At this point in time, H.C. Hwang has a serious team of lawyers chasing down and bringing law suits against those who choose to use the name Moo Duk Kwon, use the fist and laurels with the Moo-Tang-Soo in the scroll, etc.

As JH stated; many who were once Moo Duk Kwon members (like me) changed our association names and artwork to remove any such possibility of being caught up in the court room.


Yours in Tang Soo Do (not *Moo Duk Kwon*) ,


Master Jay S. Penfil


*TANG SOO!!!* (not *Soo Bahk*)


----------



## Butch (Sep 17, 2006)

I will ditto Master Penfil and John Handcock"s statements in fact I have took down the flag and tore off the patch and will never mention Moo Duk Kwan in my school again.

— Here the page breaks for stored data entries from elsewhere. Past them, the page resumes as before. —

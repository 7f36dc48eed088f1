-- ===== src/Table/Keys.antt =====
-- Tables whose primary keys differ, and predicates on every row.
use dvk_claude.Common.{
  String, ◌≡◌, refl, subst, true, false, none, some, List, [], ◌∷◌, ◌++◌, ◌==◌, eq_iff, eq_refl,
  arith, if◌then◌else◌,
}
use dvk_claude.Common.All.{All, All-mono}
use dvk_claude.Result.{ok}
use dvk_claude.Table.{find, update, insert}
use dvk_claude.Table.Laws.{find-update, find-append}

module _ {ℓ} {A : Type ℓ} (key : A → String) where
  abbrev pub Unique : List A → Type ℓ
  Unique [] = Unit
  Unique (a ∷ rows) = (find key (key a) rows ≡ none) × Unique rows

  update-none :
      (j k : String) (f : A → A) (rows : List A)
      → ((a : A) → key (f a) ≡ key a)
      → find key j rows ≡ none
      → find key j (update key k f rows) ≡ none
  update-none j k f rows keeps h = ground (arith, find-update key j k f rows keeps)

  pub Unique-update :
      (k : String) (f : A → A) (rows : List A)
      → ((a : A) → key (f a) ≡ key a)
      → Unique rows
      → Unique (update key k f rows)
  unfolding update
  Unique-update k f [] keeps u = tt
  Unique-update k f (a ∷ rows) keeps u =
      let rest = Unique-update k f rows keeps u.1 in
      elim (key a == k) as (λ b. Unique ((if b then f a else a) ∷ update key k f rows)) [
        | true ↦ (rw keeps (update-none (key a) k f rows keeps u.0), rest)
        | false ↦ (update-none (key a) k f rows keeps u.0, rest)
      ]

  Unique-append :
      (a : A) (rows : List A) → find key (key a) rows ≡ none → Unique rows → Unique (rows ++ a ∷ [])
  unfolding find
  Unique-append a [] h u = (refl, tt)
  Unique-append a (r ∷ rows) h u = (
    ground (arith, find-append key (key r) a rows, eq_iff (key a) (key r), eq_refl (key r)),
    Unique-append a rows (ground arith) u.1,
  )

  -- An insertion is refused exactly for a key that is there.
  pub insert-eq-ok :
      (a : A) (rows new : List A)
      → insert key a rows ≡ ok new
      → (find key (key a) rows ≡ none) × (rows ++ a ∷ [] ≡ new)
  unfolding insert
  insert-eq-ok a rows new h = ground arith

  pub Unique-insert :
      (a : A) (rows new : List A) → insert key a rows ≡ ok new → Unique rows → Unique new
  Unique-insert a rows new h u =
      let (fresh, e) = insert-eq-ok a rows new h in subst Unique e (Unique-append a rows fresh u)

  -- Each row of such a table is the one that its key finds.
  pub All-find_self : (rows : List A) → Unique rows → All (λ a. find key (key a) rows ≡ some a) rows
  unfolding find
  All-find_self [] u = tt
  All-find_self (x ∷ rows) u = (
    ground (arith, eq_refl (key x)),
    All-mono (λ a. find key (key a) rows ≡ some a) _ rows
        (λ a h. ground (arith, eq_iff (key x) (key a), u.0)) (All-find_self rows u.1),
  )

module _ {ℓ κ} {A : Type ℓ} (key : A → String) (P : A → Type κ) where
  pub All-find : (k : String) (rows : List A) (a : A) → find key k rows ≡ some a → All P rows → P a
  unfolding find
  All-find k [] a h p = cc
  All-find k (r ∷ rows) a h p =
      elim (key r == k) as (λ b. (if b then some r else find key k rows) ≡ some a → P a) [
        | true ↦ λ e. subst P (cc) p.0
        | false ↦ λ e. All-find k rows a e p.1
      ]
        h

I am disapointed in the way they have treated the pass members of the Moo Dulk Kwan and the people that help make it what it was, not what it is!
Butch Voss
World Traditional Tang Soo Do Fed.


----------



## EmperorOfKentukki (Sep 19, 2006)

Butch, Thank you for your compliment.  But please, there is no 'd' in my name.  Don't worry.  Lots of people make this mistake, but my name is spelled exactly the same as the famous Constitutional signer.  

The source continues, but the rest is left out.